I lay back down and I made the decision the way I had decided to leave, the way I had decided to come to Cebu. Not dramatically. Not with a lot of feeling. Just a clean, clear choice made in the dark by a woman who had learned, finally, to trust herself above everyone else.
I closed my eyes.
I did not sleep, but I rested, which was its own kind of progress.
---
In the morning I told Rosie.
I did not plan to. She set the rice in front of me and sat down with her coffee and looked at my face and said, "Well?" and something about the directness of her, the complete absence of performance in the way she asked, made it impossible to pretend.
"Positive," I said. "Three times."
Rosie nodded slowly. She wrapped both hands around her mug. She did not say congratulations and she did not say I'm sorry and she did not ask about the father, all of which I was grateful for.
"How far along?" she asked.
"I'm not sure. Six weeks maybe. I need to see a doctor."
"I know someone," she said. "A good woman. She does not write things down that do not need to be written down."
I looked at her.
"You are alone in a city where you know no one," Rosie said, simply. "And something about you since the day you arrived has told me that whoever you are hiding from is the kind of person who can find things." She raised her coffee. "I am not asking questions. I am just being helpful."
I thought about Marco Sy's voice on the phone. *He is aware you are in Cebu.*
"Yes," I said. "Please. Someone quiet would be good."
Rosie nodded. "I will call her this morning."
We ate in silence after that. Outside, the street was waking up, the ordinary noise of a city that had no idea what was happening at this small kitchen table.
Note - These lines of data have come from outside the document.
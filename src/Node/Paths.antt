-- ===== src/Node/Paths.antt =====
-- The paths on which svc/app/node/api.go and dashboard/handler.go serve a node. `mount` is `Mount` of chi's
-- router without the slash; `none` is its panic.
use venn.Prelude.{String, Option, none, some, List, [], ◌∷◌}
use venn.Config.{Chain}

pub data Mounted : Type 0 where
  to_chain : Chain → Mounted
  health : Mounted
  dashboard : Mounted

abbrev pub and_mount : {R : Type 0} → Option R → (R → Option R) → Option R
and_mount none f = none
and_mount (some r) f = f r

module _ {R : Type 0} (mount : String → Mounted → R → Option R) where
  unfoldable pub mount_each : Mounted → List String → R → Option R
  mount_each h [] r = some r
  mount_each h (p ∷ paths) r = and_mount (mount p h r) (mount_each h paths)

  -- The loop over the chains, which come in any order.
  unfoldable pub mount_chains : List Chain → R → Option R
  unfolding mount_each
  mount_chains [] r = some r
  mount_chains (c ∷ chains) r =
      and_mount (mount c.name (to_chain c) r)
        (λ r1. and_mount (mount_each (to_chain c) c.aliases r1) (mount_chains chains))

  -- `r.Route` of the result of `New`
  unfoldable pub route : List Chain → R → Option R
  unfolding mount_chains
  route chains r =
      and_mount (mount_chains chains r)
        (λ r1. and_mount (mount "health" health r1) (mount "dashboard" dashboard))
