-- ===== src/Node/Routed.antt =====
-- Which cluster of svc/node/quarks/cluster/cluster.go answers a request, and behind which limit.
use mathlib.Core.Path.{subst}
use venn.Prelude.{
  ℕ, ◌≡◌, ◌≢◌, ◌⊎◌, inl, inr, refl, sym, ap, ◌∙◌, String, Bool, true, false, Option, none, some,
  List, [], ◌∷◌, arith, str_eq_iff, if◌then◌else◌,
}
use venn.Prelude.Int.{pos, ltb_ℤ}
use venn.Prelude.Maps.{lookup, lookup-insert}
use venn.Rpc.{Chain, Request, Handler, Hexutil, Result}
use venn.Middlewares.LookBack.{BlockLookBack, serve as look_back}
use venn.Node.{chain_look_backs, look_back_of, clusters, limited, on_chain, on_remote}

-- No chain of the list has this name.
abbrev pub Unnamed : String → List Chain → Type 0
Unnamed name [] = Unit
Unnamed name (chain ∷ chains) = (chain.name ≢ name) × Unnamed name chains

abbrev pub DistinctNames : List Chain → Type 0
DistinctNames [] = Unit
DistinctNames (chain ∷ chains) = Unnamed chain.name chains × DistinctNames chains

abbrev pub Among : Chain → List Chain → Type 0
Among chain [] = ⊥
Among chain (c ∷ chains) = (c ≡ chain) ⊎ Among chain chains

lookup-other :
    (c : Chain) (name : String) (chains : List Chain)
    → c.name ≢ name
    → lookup name (chain_look_backs (c ∷ chains)) ≡ lookup name (chain_look_backs chains)
unfolding chain_look_backs
lookup-other c name chains n = ground (
  arith,
  str_eq_iff c.name name,
  lookup-insert c.name name (look_back_of c) (chain_look_backs chains),
)

lookup-Unnamed :
    (name : String) (chains : List Chain)
    → Unnamed name chains
    → lookup name (chain_look_backs chains) ≡ none
unfolding chain_look_backs lookup
lookup-Unnamed name [] u = refl
lookup-Unnamed name (c ∷ chains) (n, u) =
    lookup-other c name chains n ∙ lookup-Unnamed name chains u

lookup-same :
    (c : Chain) (chains : List Chain)
    → Unnamed c.name chains
    → lookup c.name (chain_look_backs (c ∷ chains))
      ≡ (if ltb_ℤ (pos 0) c.max_block_lookback then some (look_back_of c) else none)
unfolding chain_look_backs
lookup-same c chains u = ground (
  arith,
  str_eq_iff c.name c.name,
  lookup-insert c.name c.name (look_back_of c) (chain_look_backs chains),
  lookup-Unnamed c.name chains u,
)

Unnamed-ne :
    (name : String) (chain : Chain) (chains : List Chain)
    → Unnamed name chains
    → Among chain chains
    → name ≢ chain.name
Unnamed-ne name chain [] u a = absurd a
Unnamed-ne name chain (c ∷ chains) (n, u) (inl e) = λ h. n (ap Chain.name e ∙ sym h)
Unnamed-ne name chain (c ∷ chains) (n, u) (inr a) = Unnamed-ne name chain chains u a

lookup-Among :
    (chain : Chain) (chains : List Chain)
    → DistinctNames chains
    → Among chain chains
    → lookup chain.name (chain_look_backs chains)
      ≡ (if ltb_ℤ (pos 0) chain.max_block_lookback then some (look_back_of chain) else none)
lookup-Among chain [] d a = absurd a
lookup-Among chain (c ∷ chains) (u, d) (inl e) =
    subst
      (λ x.
        lookup x.name (chain_look_backs (c ∷ chains))
        ≡ (if ltb_ℤ (pos 0) x.max_block_lookback then some (look_back_of x) else none))
      e (lookup-same c chains u)
lookup-Among chain (c ∷ chains) (u, d) (inr a) =
    lookup-other c chain.name chains (Unnamed-ne c.name chain chains u a)
    ∙ lookup-Among chain chains d a

module _ (hex : Hexutil) {S : Type 0} (get : Chain → S → Result ℕ)
    (remotes : List (String × Handler S)) (chains : List Chain) (next : Option (Handler S)) where
  limited-by :
      (limit : Bool) (m : BlockLookBack) (o : Option BlockLookBack) (cluster : Handler S)
      (r : Request) (s : S)
      → o ≡ (if limit then some m else none)
      → (elim o [ none ↦ cluster r s | some l ↦ look_back hex get l cluster r s ])
        ≡ (if limit then look_back hex get m cluster r s else cluster r s)
  limited-by true m o cluster r s e = rw e refl
  limited-by false m o cluster r s e = rw e refl

  on_chain-some :
      (o : Option Chain) (chain : Chain) (cluster : Handler S) (r : Request) (s : S)
      → o ≡ some chain
      → lookup chain.name remotes ≡ some cluster
      → on_chain hex get remotes (chain_look_backs chains) o next r s
        ≡ limited hex get remotes (chain_look_backs chains) chain cluster r s
  on_chain-some o chain cluster r s e f = rw e (
      ap
        (λ (h : Option (Handler S)).
          on_remote hex get remotes (chain_look_backs chains) h next chain r s)
        f)

  -- Where the chains have distinct names, a request for one of them with a cluster is answered by that
  -- cluster, behind the middleware with the limit of that chain if the limit is above 0.
  pub clusters-routes :
      (chain : Chain) (cluster : Handler S) (r : Request) (s : S)
      → DistinctNames chains
      → Among chain chains
      → r.chain ≡ some chain
      → lookup chain.name remotes ≡ some cluster
      → clusters hex get remotes (chain_look_backs chains) next r s ≡ (
          if ltb_ℤ (pos 0) chain.max_block_lookback
          then look_back hex get (look_back_of chain) cluster r s
          else cluster r s)
  unfolding clusters
  clusters-routes chain cluster r s d a e f =
      on_chain-some r.chain chain cluster r s e f
      ∙ limited-by (ltb_ℤ (pos 0) chain.max_block_lookback) (look_back_of chain)
          (lookup chain.name (chain_look_backs chains)) cluster r s (lookup-Among chain chains d a)
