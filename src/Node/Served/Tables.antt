-- ===== src/Node/Served/Tables.antt =====
-- The table of paths under which a node mounts its chains in svc/app/node/api.go.
use mathlib.Core.List.{Perm, Permᴰ, append_assoc}
use mathlib.Core.Logic.{∥∥₁_elim}
use mathlib.Core.Path.{subst}
use venn.Prelude.{
  ℕ, zero, suc, ◌+◌, ◌≤◌, ◌≡◌, refl, sym, ap, ◌∙◌, inl, inr, String, true, none, some, List, [],
  ◌∷◌, ◌++◌, str_eq, arith, Bool-cases, get_elem?, some-injective,
}
use venn.Prelude.Maps.{lookup}
use venn.Config.{Chain}
use venn.Config.Endpoints.{has}
use venn.Config.Endpoints.Distinct.{times, names_of, aliases_of, times-append}
use venn.Node.Paths.{Mounted, to_chain, health, dashboard}

abbrev pub Table : Type 0
Table = List (String × Mounted)

abbrev pub keys : Table → List String
keys [] = []
keys ((p, h) ∷ t) = p ∷ keys t

abbrev pub own : Mounted → List String → Table
own h [] = []
own h (p ∷ paths) = (p, h) ∷ own h paths

-- The paths of the chains, in the order of mounting.
abbrev pub all : List Chain → Table
all [] = []
all (c ∷ cs) = own (to_chain c) (c.name ∷ c.aliases) ++ all cs

abbrev pub reserved : Table
reserved = ("health", health) ∷ (("dashboard", dashboard) ∷ [])

pub lookup-none : (p : String) (t : Table) → times p (keys t) ≡ 0 → lookup p t ≡ none
unfolding lookup
lookup-none p [] h = refl
lookup-none p ((q, m) ∷ t) h = let rec = lookup-none p t in ground arith

pub times-keys :
    (e : String) (s t : Table) → times e (keys (s ++ t)) ≡ times e (keys s) + times e (keys t)
times-keys e [] t = omega arith
times-keys e ((p, h) ∷ s) t = let rec = times-keys e s t in ground arith

times-own :
    (e : String) (h : Mounted) (paths : List String) → times e (keys (own h paths)) ≡ times e paths
times-own e h [] = refl
times-own e h (p ∷ paths) = let rec = times-own e h paths in ground arith

pub times-all :
    (e : String) (cs : List Chain)
    → times e (keys (all cs)) ≡ times e (names_of cs) + times e (aliases_of cs)
times-all e [] = refl
times-all e (c ∷ cs) =
    let rec = times-all e cs in
    let a = times-keys e (own (to_chain c) (c.name ∷ c.aliases)) (all cs) in
    let b = times-own e (to_chain c) c.aliases in
    let d = times-append e c.aliases (aliases_of cs) in ground arith

abbrev own_of : Chain → Table
own_of c = own (to_chain c) (c.name ∷ c.aliases)

times-cons :
    (e : String) (c : Chain) (t : Table)
    → times e (keys (own_of c ++ t)) ≡ times e (keys (own_of c)) + times e (keys t)
times-cons e c t = times-keys e (own_of c) t

ℕ-IsSet : IsSet ℕ
ℕ-IsSet = hlevel

times-swap :
    (e : String) (a b : Chain) (l : List Chain)
    → times e (keys (all (a ∷ (b ∷ l)))) ≡ times e (keys (all (b ∷ (a ∷ l))))
times-swap e a b l = omega (
  arith,
  times-cons e a (own_of b ++ all l),
  times-cons e b (own_of a ++ all l),
  times-cons e a (all l),
  times-cons e b (all l),
)

times-permᴰ :
    (e : String) {xs ys : List Chain}
    → Permᴰ xs ys
    → times e (keys (all xs)) ≡ times e (keys (all ys))
times-permᴰ e Permᴰ.nil = refl
times-permᴰ e (Permᴰ.cons {a} {b} {l₁} {l₂} q r) =
    times-cons e a (all l₁)
    ∙ ap (λ n. times e (keys (own_of a)) + n) (times-permᴰ e r)
    ∙ sym (times-cons e a (all l₂))
    ∙ ap (λ (x : Chain). times e (keys (all (x ∷ l₂)))) q
times-permᴰ e (Permᴰ.swap {a} {b} {a'} {b'} {l} q r) =
    times-swap e a b l
    ∙ ap (λ (x : Chain). times e (keys (all (x ∷ (a ∷ l))))) r
    ∙ ap (λ (x : Chain). times e (keys (all (a' ∷ (x ∷ l))))) q
times-permᴰ e (Permᴰ.trans p q) = times-permᴰ e p ∙ times-permᴰ e q

pub times-perm :
    (e : String) (xs ys : List Chain)
    → Perm xs ys
    → times e (keys (all xs)) ≡ times e (keys (all ys))
times-perm e xs ys p = ∥∥₁_elim p (ℕ-IsSet _ _) (λ q. times-permᴰ e q)

-- The path of a chain leads to it where no other path is the same.
has-some : (p : String) (paths : List String) → has p paths ≡ true → 1 ≤ times p paths
unfolding has
has-some p [] h = absurd (ground arith)
has-some p (q ∷ paths) h = let rec = has-some p paths in ground arith

lookup-own :
    (p : String) (h : Mounted) (paths : List String) (t : Table)
    → has p paths ≡ true
    → lookup p (own h paths ++ t) ≡ some h
unfolding has lookup
lookup-own p h [] t e = absurd (ground arith)
lookup-own p h (q ∷ paths) t e = elim (Bool-cases (str_eq q p)) [
  | inl k ↦ rw k refl
  | inr k ↦ rw k (lookup-own p h paths t (rw k at e))
]

lookup-behind : (p : String) (s t : Table) → times p (keys s) ≡ 0 → lookup p (s ++ t) ≡ lookup p t
unfolding lookup
lookup-behind p [] t e = refl
lookup-behind p ((q, h) ∷ s) t e = elim (Bool-cases (str_eq q p)) [
  | inl k ↦ absurd (ground (arith, k))
  | inr k ↦ rw k (lookup-behind p s t (rw k at e))
]

times-some :
    (p : String) (cs : List Chain) (i : ℕ) (c : Chain)
    → get_elem? cs i ≡ some c
    → has p (c.name ∷ c.aliases) ≡ true
    → 1 ≤ times p (keys (all cs))
times-some p [] i c g h = absurd (ground arith)
times-some p (d ∷ cs) zero c g h =
    let found =
      has-some p (d.name ∷ d.aliases)
        (subst (λ (x : Chain). has p (x.name ∷ x.aliases) ≡ true) (sym (some-injective _ _ g)) h) in
    omega (arith, found, times-cons p d (all cs), times-own p (to_chain d) (d.name ∷ d.aliases))
times-some p (d ∷ cs) (suc i) c g h =
    omega (arith, times-some p cs i c g h, times-cons p d (all cs))

pub lookup-all :
    (p : String) (cs : List Chain) (t : Table) (i : ℕ) (c : Chain)
    → times p (keys (all cs)) ≤ 1
    → get_elem? cs i ≡ some c
    → has p (c.name ∷ c.aliases) ≡ true
    → lookup p (all cs ++ t) ≡ some (to_chain c)
lookup-all p [] t i c l g h = absurd (ground arith)
lookup-all p (d ∷ cs) t zero c l g h = rw (append_assoc (own_of d) (all cs) t) (
    lookup-own p (to_chain d) (d.name ∷ d.aliases) (all cs ++ t)
      (subst (λ (x : Chain). has p (x.name ∷ x.aliases) ≡ true) (sym (some-injective _ _ g)) h)
    ∙ ap (λ x. some (to_chain x)) (some-injective _ _ g))
lookup-all p (d ∷ cs) t (suc i) c l g h = rw (append_assoc (own_of d) (all cs) t) (
    lookup-behind p (own_of d) (all cs ++ t)
      (omega (arith, times-some p cs i c g h, times-cons p d (all cs), l))
    ∙ lookup-all p cs t i c (omega (arith, times-cons p d (all cs), l)) g h)
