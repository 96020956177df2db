-- ===== src/Runs/Fold.antt =====
-- The entry that a missed run is folded into (src/scheduler-runs.ts), field by field.
use bfrost.Prelude.{
  ℕ, ◌+◌, ◌<◌, ◌≤◌, String, some, List, [], ◌∷◌, ◌≡◌, refl, get_or_else, arith, ltb, ap, ◌∙◌, true,
  false,
}
use bfrost.Platform.{Platform}
use bfrost.Runs.{RunRecord, MissedInput, collapsed, slot_total, is_newer_slot}

-- The slots that the entries count; an entry without a count stands for one.
abbrev pub slots_counted : List RunRecord → ℕ
slots_counted [] = 0
slots_counted (x ∷ runs) = get_or_else x.missed_slot_count 1 + slots_counted runs

-- One entry for the old one, its surplus copies and a new miss.
pub record IsFolded (p : Platform) (input : MissedInput) (existing : RunRecord)
    (surplus : List RunRecord) (one : RunRecord) : Type 0 where
  pub same_id : one.id ≡ existing.id
  pub same_job : one.job ≡ existing.job
  pub named : (one.label ≡ input.label) × (one.model_alias ≡ input.model_alias)
  pub recorded : one.finished_at ≡ some input.recorded_at
  pub counted : one.missed_slot_count ≡ some (slots_counted (existing ∷ surplus) + 1)
  pub moved_on :
      (slot old : ℕ)
      → p.date_parse input.scheduled_at ≡ some slot
      → p.date_parse existing.started_at ≡ some old
      → old < slot
      → (one.started_at ≡ input.scheduled_at) × (one.error ≡ some input.error)
  pub stayed :
      (slot old : ℕ)
      → p.date_parse input.scheduled_at ≡ some slot
      → p.date_parse existing.started_at ≡ some old
      → slot ≤ old
      → (one.started_at ≡ existing.started_at) × (one.error ≡ existing.error)

slot_total-counted :
    (runs : List RunRecord) (total : ℕ) → slot_total runs total ≡ slots_counted runs + total
unfolding slot_total
slot_total-counted [] total = omega arith
slot_total-counted (x ∷ runs) total =
    omega (arith, slot_total-counted runs (total + get_or_else x.missed_slot_count 1))

newer_slot :
    (p : Platform) (a b : String) (slot old : ℕ)
    → p.date_parse a ≡ some slot
    → p.date_parse b ≡ some old
    → is_newer_slot p a b ≡ ltb old slot
unfolding is_newer_slot
newer_slot p a b slot old ha hb = rw (is_newer_slot, ha, hb) refl

pub collapsed-IsFolded :
    (p : Platform) (input : MissedInput) (existing : RunRecord) (surplus : List RunRecord)
    → IsFolded p input existing surplus (collapsed p input existing surplus)
unfolding collapsed
collapsed-IsFolded p input existing surplus = record {
  same_id = refl;
  same_job = refl;
  named = (refl, refl);
  recorded = refl;
  counted = ap (λ n. some n) (slot_total-counted (existing ∷ surplus) 1);
  moved_on = λ slot old hs ho later.
      let newer : is_newer_slot p input.scheduled_at existing.started_at ≡ true =
        newer_slot p input.scheduled_at existing.started_at slot old hs ho
        ∙ ground (arith, later) in
      (rw newer refl, rw newer refl);
  stayed = λ slot old hs ho earlier.
      let older : is_newer_slot p input.scheduled_at existing.started_at ≡ false =
        newer_slot p input.scheduled_at existing.started_at slot old hs ho
        ∙ ground (arith, earlier) in
      (rw older refl, rw older refl);
}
I ate all of my rice, which was the first time since I arrived that I had finished a full meal, and I thought that maybe that meant something.
Maybe the body knew things the mind was still catching up to.
---
The doctor's name was Dr. Villanueva and her clinic was a quiet room above a pharmacy on a side street that smelled antiseptic and old wood. She had the kind of face that had seen everything and been shocked by none of it, which was exactly what I needed.
She confirmed what I already knew. Eight weeks. Everything looked normal. She gave me vitamins and a list of instructions and a follow-up date and she did all of it without once asking me anything I did not want to answer.
At the door, she stopped me.
"Is there anyone with you?" she asked. Not noisily. Just a doctor checking.
"I have my landlady," I said.
She nodded like that was enough. Maybe it was.
I walked back through the side street with the vitamins in my bag and the follow-up card in my pocket and eight weeks of secret pressed against my ribs and I felt, for the first time, something that was not fear.
Something smaller and more dangerous.
Something that felt like hope.
I was almost back at the house when I saw the car.
Black. Expensive. Parked just down the street from Rosie's gate in the way that people park when they do not want to be noticed but are not quite bothered enough to be careful about it.
I stopped walking.
The window was tinted. I could not see inside.
I stood on that street for ten seconds that felt much longer. Then I took out my phone and I called the number that had called me the night before. Marco Sy's number.
It rang twice.
"Ms. Cruz," he answered.
"Tell him," I said, "that if he is watching me, I will not be responsible for what I do next."
A pause.
"Mr. Lim is not in Cebu, Ms. Cruz," Marco said, and his voice had something in it I could not quite read. Something that was almost uncomfortable. "That car belongs to someone else entirely."
I looked at the black car.
I looked at the street around me.
"Who?" I said.
But Marco Sy had already ended the call.